Chris Caspanello, an avid Spark developer, demonstrates how you can use OverOps to find errors in your Spark app. As Chris states, “Configuration issues, formatting issues, data issues, and outdated code can all wreak havoc on Spark work. In addition, operational challenges whether it’s cluster size or access to debug production issues are difficult. OverOps’ ability to detect exactly why something is broken and see a situation “A variable is invaluable in a distributed computing environment. It makes it possible to identify and resolve critical anomalies quickly and easily.”
If you are a Spark developer and are having the above or similar issues, OverOps can be a game changer. Try OverOps for free for 14 days now.
GitHub files: https://github.com/ccaspanello/overops-spark-blog
Data path not defined property
When developing transformations, most customers will use HDFS to read files. This will be a URL like `hdfs: // mycluster / path / to / data`. However, some clients will redirect local files to nodes and use a URL like `file: // path / to / data`. Unfortunately this is not true. The URL format is [schema]: //[host]/[path]. If you release the host, you will need ‘file: /// path / to / data’ with 3 slash lines forward. When the spark job is submitted to the cluster, the job will die a horrible death with little to no indication of what happened. This was fixed with pre-path validation, but finding the root cause was not easy and took a long time (more on that below). If only I had OverOps, I could quickly and easily understand why it broke. I could look at the continuous reliability console and see where the error occurred and what the error was, along with the variable state that went into the function.
The Spark user interface is great. . . When it is running
In the previous example I mentioned that finding the root cause of failure in Spark work is not easy and time consuming. This is because of how Spark’s user interface works. The Spark user interface consists of many parts: Master, Worker and Job screens. The Master and Worker screens run all the time and contain details about statistics of each service. While the Spark job is running, the job screens are available and look like this:
Here you can see which steps are enabled and get logs for running / failing steps. These logs can be useful for finding failures. Unfortunately, when the job ends or fails, the service dies and you can no longer access the logs through the web user interface. Since OverOps recognized the event, I could see it there along with the whole changing situation.
Missing titles in some files
In this example, I wrote the Spark app and tested it locally on a sample file. Everything worked fine. However, then I ran the work in my cluster in front of a real data set and it failed with the following error:
IllegalArgumentException: ‘The market does not exist. Available: US, 16132861,. . . ‘
As you can see, the exception had data in the rows and that’s good. But that alone is not enough to let us know what’s going on. Since OverOps captures a changing state while the exception is occurring, I was able to see that the schema was actually empty. The main reason was that I did not have a title bar for each part file.

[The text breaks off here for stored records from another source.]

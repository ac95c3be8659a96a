-- ===== src/Text/Path.antt =====
-- What the code uses of `path` and `path/filepath`, where the separator is the slash.
pub mod Clean
pub mod Under
pub mod Printed
pub mod Parents
use juju_utils.Common.{
  ℕ, ◌≡◌, Bool, true, false, ◌&&◌, ◌||◌, not, Option, none, some, List, [], ◌∷◌, ◌++◌, map,
  if◌then◌else◌, nat_beq, ◌==◌,
}
use juju_utils.Common.Bytes.{Bytes, bytes_eq}
use juju_utils.Text.Fields.{split, join}

abbrev pub is_up : Bytes → Bool
is_up e = e == b'.' ∷ b'.' ∷ []

abbrev pub is_skipped : Bytes → Bool
is_skipped e = e == [] || e == b'.' ∷ []

-- No, or only, elements that go up.
unfoldable pub no_up : List Bytes → Bool
no_up [] = true
no_up (e ∷ es) = not (is_up e) && no_up es

unfoldable pub all_up : List Bytes → Bool
all_up [] = true
all_up (e ∷ es) = is_up e && all_up es

unfoldable pub drop_last : List Bytes → List Bytes
drop_last [] = []
drop_last (e ∷ []) = []
drop_last (e ∷ f ∷ es) = e ∷ drop_last (f ∷ es)

abbrev pub is_abs : Bytes → Bool
is_abs [] = false
is_abs (c ∷ s) = nat_beq c b'/'

-- One element more, after those that `Clean` keeps already.
unfoldable pub add : Bool → List Bytes → Bytes → List Bytes
unfolding all_up drop_last
add rooted kept e =
    if is_skipped e
    then kept
    else if not (is_up e)
    then kept ++ e ∷ []
    else if not (all_up kept)
    then drop_last kept
    else if rooted
    then kept
    else kept ++ e ∷ []

unfoldable pub resolve : Bool → List Bytes → List Bytes → List Bytes
unfolding add
resolve rooted kept [] = kept
resolve rooted kept (e ∷ es) = resolve rooted (add rooted kept e) es

-- The elements of a cleaned path.
unfoldable pub elements : Bytes → List Bytes
unfolding resolve split
elements s = resolve (is_abs s) [] (split b'/' s)

unfoldable pub print : Bool → List Bytes → Bytes
unfolding join
print true es = b'/' ∷ join b'/' es
print false [] = b'.' ∷ []
print false (e ∷ es) = join b'/' (e ∷ es)

-- `Clean`.
unfoldable pub clean : Bytes → Bytes
unfolding elements print
clean s = print (is_abs s) (elements s)

-- `Join` of two elements.
unfoldable pub join_paths : Bytes → Bytes → Bytes
unfolding clean
join_paths a b =
    if not (a == []) then clean (a ++ b'/' ∷ b) else if not (b == []) then clean b else []

-- The text up to its last slash.
unfoldable pub up_to_slash : Bytes → Bytes
up_to_slash [] = []
up_to_slash (c ∷ s) =
    let rest = up_to_slash s in if rest == [] && not (nat_beq c b'/') then [] else c ∷ rest

-- `Dir`.
unfoldable pub dir : Bytes → Bytes
unfolding up_to_slash clean
dir s = clean (up_to_slash s)

-- `Rel`, by the elements; `none` is its error.
unfoldable pub rel_elements : List Bytes → List Bytes → Option (List Bytes)
rel_elements [] ts = some ts
rel_elements (b ∷ bs) [] = if is_up b then none else some (map (λ _. b'.' ∷ b'.' ∷ []) (b ∷ bs))
rel_elements (b ∷ bs) (t ∷ ts) =
    let rest = rel_elements bs ts in
    if b == t
    then rest
    else if is_up b
    then none
    else some (map (λ _. b'.' ∷ b'.' ∷ []) (b ∷ bs) ++ t ∷ ts)

abbrev pub printed : Option (List Bytes) → Option Bytes
printed none = none
printed (some es) = some (print false es)

unfoldable pub rel : Bytes → Bytes → Option Bytes
unfolding rel_elements elements print
rel base target =
    if (if is_abs base then is_abs target else not (is_abs target))
    then printed (rel_elements (elements base) (elements target))
    else none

In this example, there is an error similar to the one above.
IllegalArgumentException: “ID does not exist. Available: id, first_name, last_name, email, gender, ip_address”
But in this case I had a column header on my files. What happens then? Looking at the variable state in OverOps, I can see that my schema has one column named:
id, first_name, last_name, email, gender, ip_address. It tells me my separator is bad.
Scale with unknown data
Big data developers often test a small subset of data .Limit (200) . But what happens when unexpected data enters the system? Are you crashing the app? Or do you swallow the error and move on? This is always a hot topic, but in any case OverOps can find the exact place where the data could not be analyzed.

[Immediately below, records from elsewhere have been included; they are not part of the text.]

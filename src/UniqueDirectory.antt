-- ===== src/UniqueDirectory.antt =====
-- `UniqueDirectory` and `JoinServerPath` of file.go. `decimal` is `%d`, and `stat` says of each path how
-- `os.Stat` ends.
pub mod FirstFree
use juju_utils.Common.{ℕ, zero, suc, Option, none, some, List, [], ◌∷◌, ◌++◌, if◌then◌else◌, ◌==◌}
use juju_utils.Common.Bytes.{Bytes, bytes_eq}
use juju_utils.Common.Results.{Result, ok, err}
use juju_utils.Text.Fields.{join}
use juju_utils.Text.Path.{clean, join_paths}

pub data Stat (E : Type 0) : Type 0 where
  exists missing : Stat E
  stat_error : E → Stat E

-- The directories in the order in which they are tried.
unfoldable pub candidate : (ℕ → Bytes) → Bytes → Bytes → ℕ → Bytes
unfolding join_paths
candidate decimal path name zero = join_paths path name
candidate decimal path name (suc i) = join_paths path (name ++ b'.' ∷ decimal (suc i))

module _ {E : Type 0} where
  -- In the loop: the result of a call of `os.Stat`, or what the next round gives.
  abbrev pub or_next : Bytes → Stat E → Option (Result E Bytes) → Option (Result E Bytes)
  or_next dir exists next = next
  or_next dir missing next = some (ok dir)
  or_next dir (stat_error e) next = some (err e)

  -- Before the loop an error counts as a directory that exists.
  abbrev pub or_loop : Bytes → Stat E → Option (Result E Bytes) → Option (Result E Bytes)
  or_loop dir exists loop = loop
  or_loop dir missing loop = some (ok dir)
  or_loop dir (stat_error e) loop = loop

  module _ (stat : Bytes → Stat E) (decimal : ℕ → Bytes) (path name : Bytes) where
    -- The loop from `i` on; `fuel` bounds its rounds.
    unfoldable pub search : ℕ → ℕ → Option (Result E Bytes)
    unfolding candidate
    search zero i = none
    search (suc fuel) i =
        let dir = candidate decimal path name i in or_next dir (stat dir) (search fuel (suc i))

    unfoldable pub unique_directory : ℕ → Option (Result E Bytes)
    unfolding search candidate
    unique_directory fuel =
        let dir = candidate decimal path name 0 in or_loop dir (stat dir) (search fuel 1)

-- `JoinServerPath`.
abbrev pub not_empty : List Bytes → List Bytes
not_empty [] = []
not_empty (e ∷ es) = if e == [] then not_empty es else e ∷ es

abbrev pub clean_unless_empty : List Bytes → Bytes
clean_unless_empty [] = []
clean_unless_empty (e ∷ es) = clean (join b'/' (e ∷ es))

unfoldable pub join_server_path : List Bytes → Bytes
unfolding clean join
join_server_path es = clean_unless_empty (not_empty es)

In this example the original app was coded to get a male / female gender. We now see a new valid gender value. In our scenario, we need to update our app to include POLYGENDER as well.

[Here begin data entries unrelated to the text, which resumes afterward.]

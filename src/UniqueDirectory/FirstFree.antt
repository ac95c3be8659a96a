-- ===== src/UniqueDirectory/FirstFree.antt =====
-- `UniqueDirectory` gives the first directory that is free.
use juju_utils.Common.{
  ℕ, zero, suc, ◌+◌, ◌≤◌, ◌<◌, ◌≡◌, ◌≢◌, ◌⊎◌, inl, inr, refl, arith, sym, subst, Option, none, some,
}
use native.Mathlib.Decide.{ℕ_discrete}
use juju_utils.Common.Bytes.{Bytes}
use juju_utils.Common.Results.{Result, ok}
use juju_utils.UniqueDirectory.{
  Stat, exists, missing, stat_error, candidate, or_next, or_loop, search, unique_directory,
}

module _ {E : Type 0} where
  -- What the status of a directory gives, if there is no next round.
  abbrev pub decided : Bytes → Stat E → Option (Result E Bytes)
  decided dir s = or_next dir s none

  module _ (stat : Bytes → Stat E) (decimal : ℕ → Bytes) (path name : Bytes) where
    abbrev at : ℕ → Bytes
    at i = candidate decimal path name i

    -- The result stems from the first candidate from `i` on that does not exist.
    abbrev pub IsFirst : ℕ → Option (Result E Bytes) → Type 0
    IsFirst i r =
        (j : ℕ) × (i ≤ j)
        × ((k : ℕ) → i ≤ k → k < j → stat (candidate decimal path name k) ≡ exists)
        × (stat (candidate decimal path name j) ≢ exists)
        × (r ≡ decided (candidate decimal path name j) (stat (candidate decimal path name j)))

    first_here :
        (i : ℕ) (s : Stat E) (next : Option (Result E Bytes))
        → stat (at i) ≡ s
        → s ≢ exists
        → or_next (at i) s next ≡ decided (at i) (stat (at i))
    first_here i exists next e h = absurd (h refl)
    first_here i missing next e h = ground arith
    first_here i (stat_error x) next e h = ground arith

    Stat-cases : (s : Stat E) → (s ≡ exists) ⊎ (s ≢ exists)
    Stat-cases exists = inl refl
    Stat-cases missing = inr (λ e. absurd (ground arith))
    Stat-cases (stat_error x) = inr (λ e. absurd (ground arith))

    later :
        (i : ℕ) (r : Option (Result E Bytes))
        → stat (at i) ≡ exists
        → IsFirst (suc i) r
        → IsFirst i r
    later i r here (j, le, before, free, e) = (
      j,
      omega arith,
      (λ k lo hi. elim (ℕ_discrete i k) [
        | yes same ↦ subst (λ (m : ℕ). stat (candidate decimal path name m) ≡ exists) same here
        | no other ↦ before k (omega arith) hi
      ]),
      free,
      e,
    )

    search-IsFirst :
        (fuel i n : ℕ)
        → i ≤ n
        → n < i + fuel
        → stat (at n) ≢ exists
        → IsFirst i (search stat decimal path name fuel i)
    unfolding search
    search-IsFirst zero i n lo hi free = absurd (omega arith)
    search-IsFirst (suc fuel) i n lo hi free = elim (Stat-cases (stat (at i))) [
      | inl here ↦ rw here (
          later i _ here
            (search-IsFirst fuel (suc i) n (below i n here free lo) (omega arith) free))
      | inr other ↦ (
        i,
        omega arith,
        (λ k lo' hi'. absurd (omega arith)),
        other,
        first_here i (stat (at i)) (search stat decimal path name fuel (suc i)) refl other,
      )
    ]
      where
        below : (i n : ℕ) → stat (at i) ≡ exists → stat (at n) ≢ exists → i ≤ n → suc i ≤ n
        below i n here free lo = elim (ℕ_discrete i n) [
          | yes same ↦
              absurd
                (free (subst (λ (m : ℕ). stat (candidate decimal path name m) ≡ exists) same here))
          | no other ↦ omega arith
        ]

    or_loop-cases :
        (s : Stat E) (loop : Option (Result E Bytes))
        → stat (at 0) ≡ s
        → ((stat (at 0) ≡ missing) × (or_loop (at 0) s loop ≡ some (ok (at 0))))
          ⊎ ((stat (at 0) ≢ missing) × (or_loop (at 0) s loop ≡ loop))
    or_loop-cases exists loop e = inr ((λ m. absurd (ground arith)), refl)
    or_loop-cases missing loop e = inl (e, refl)
    or_loop-cases (stat_error x) loop e = inr ((λ m. absurd (ground arith)), refl)

    -- If one of the names path/name.1 to path/name.n does not exist, n rounds of the loop are enough for
    -- `UniqueDirectory`. It gives path/name if that does not exist, and otherwise what the first of
    -- the others gives that does not exist: its name, or the error of `os.Stat`.
    pub unique_directory_lem :
        (n rounds : ℕ)
        → 1 ≤ n
        → n ≤ rounds
        → stat (candidate decimal path name n) ≢ exists
        → let r = unique_directory stat decimal path name rounds in
          let first = candidate decimal path name 0 in
          ((stat first ≡ missing) × (r ≡ some (ok first))) ⊎ ((stat first ≢ missing) × IsFirst 1 r)
    unfolding unique_directory
    unique_directory_lem n rounds positive enough free =
        elim (or_loop-cases (stat (at 0)) (search stat decimal path name rounds 1) refl) [
          | inl (gone, e) ↦ inl (gone, e)
          | inr (there, e) ↦ inr (
            there,
            subst (IsFirst 1) (sym e) (search-IsFirst rounds 1 n positive (omega arith) free),
          )
        ]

Apart from coding problems there are also operational challenges:
- In large Spark clusters with 100 nodes, finding the right job to find the right log is a very difficult task. This is where the Spark History server comes in handy, but sometimes cluster managers lock it in and the developer may not even have permission.
- OverOps gives us a central place to go for any error that occurs.
- Running work on massive data sets can take hours (so sometimes records are ignored or redirected).
- OverOps can detect anomalies as they occur so we can kill our work sooner and adjust the code.
- This can be a means of double cost savings: reducing developer time and reducing cloud resources invested in running a bad job.
- Sometimes logs are off to speed up / save resources
- Even if logs are turned off in the app, log events and exceptions can still be captured
As you can see, there are configuration issues, formatting issues, data issues and outdated code that can all wreak havoc on Spark work. In addition, operational challenges whether it be cluster size or access make it difficult to debug manufacturing issues. The ability of OverOps to detect exactly why something is broken and see a changing state is invaluable in a distributed computing environment. This makes it possible to identify and resolve critical exceptions quickly and easily. So if you are developing Spark and are having the above issues or similar issues, you may want to try OverOps.
Try OverOps with 14 days free trial
So if you are developing Spark and are having the above issues or similar issues, you may want to try OverOps. Get started now for free.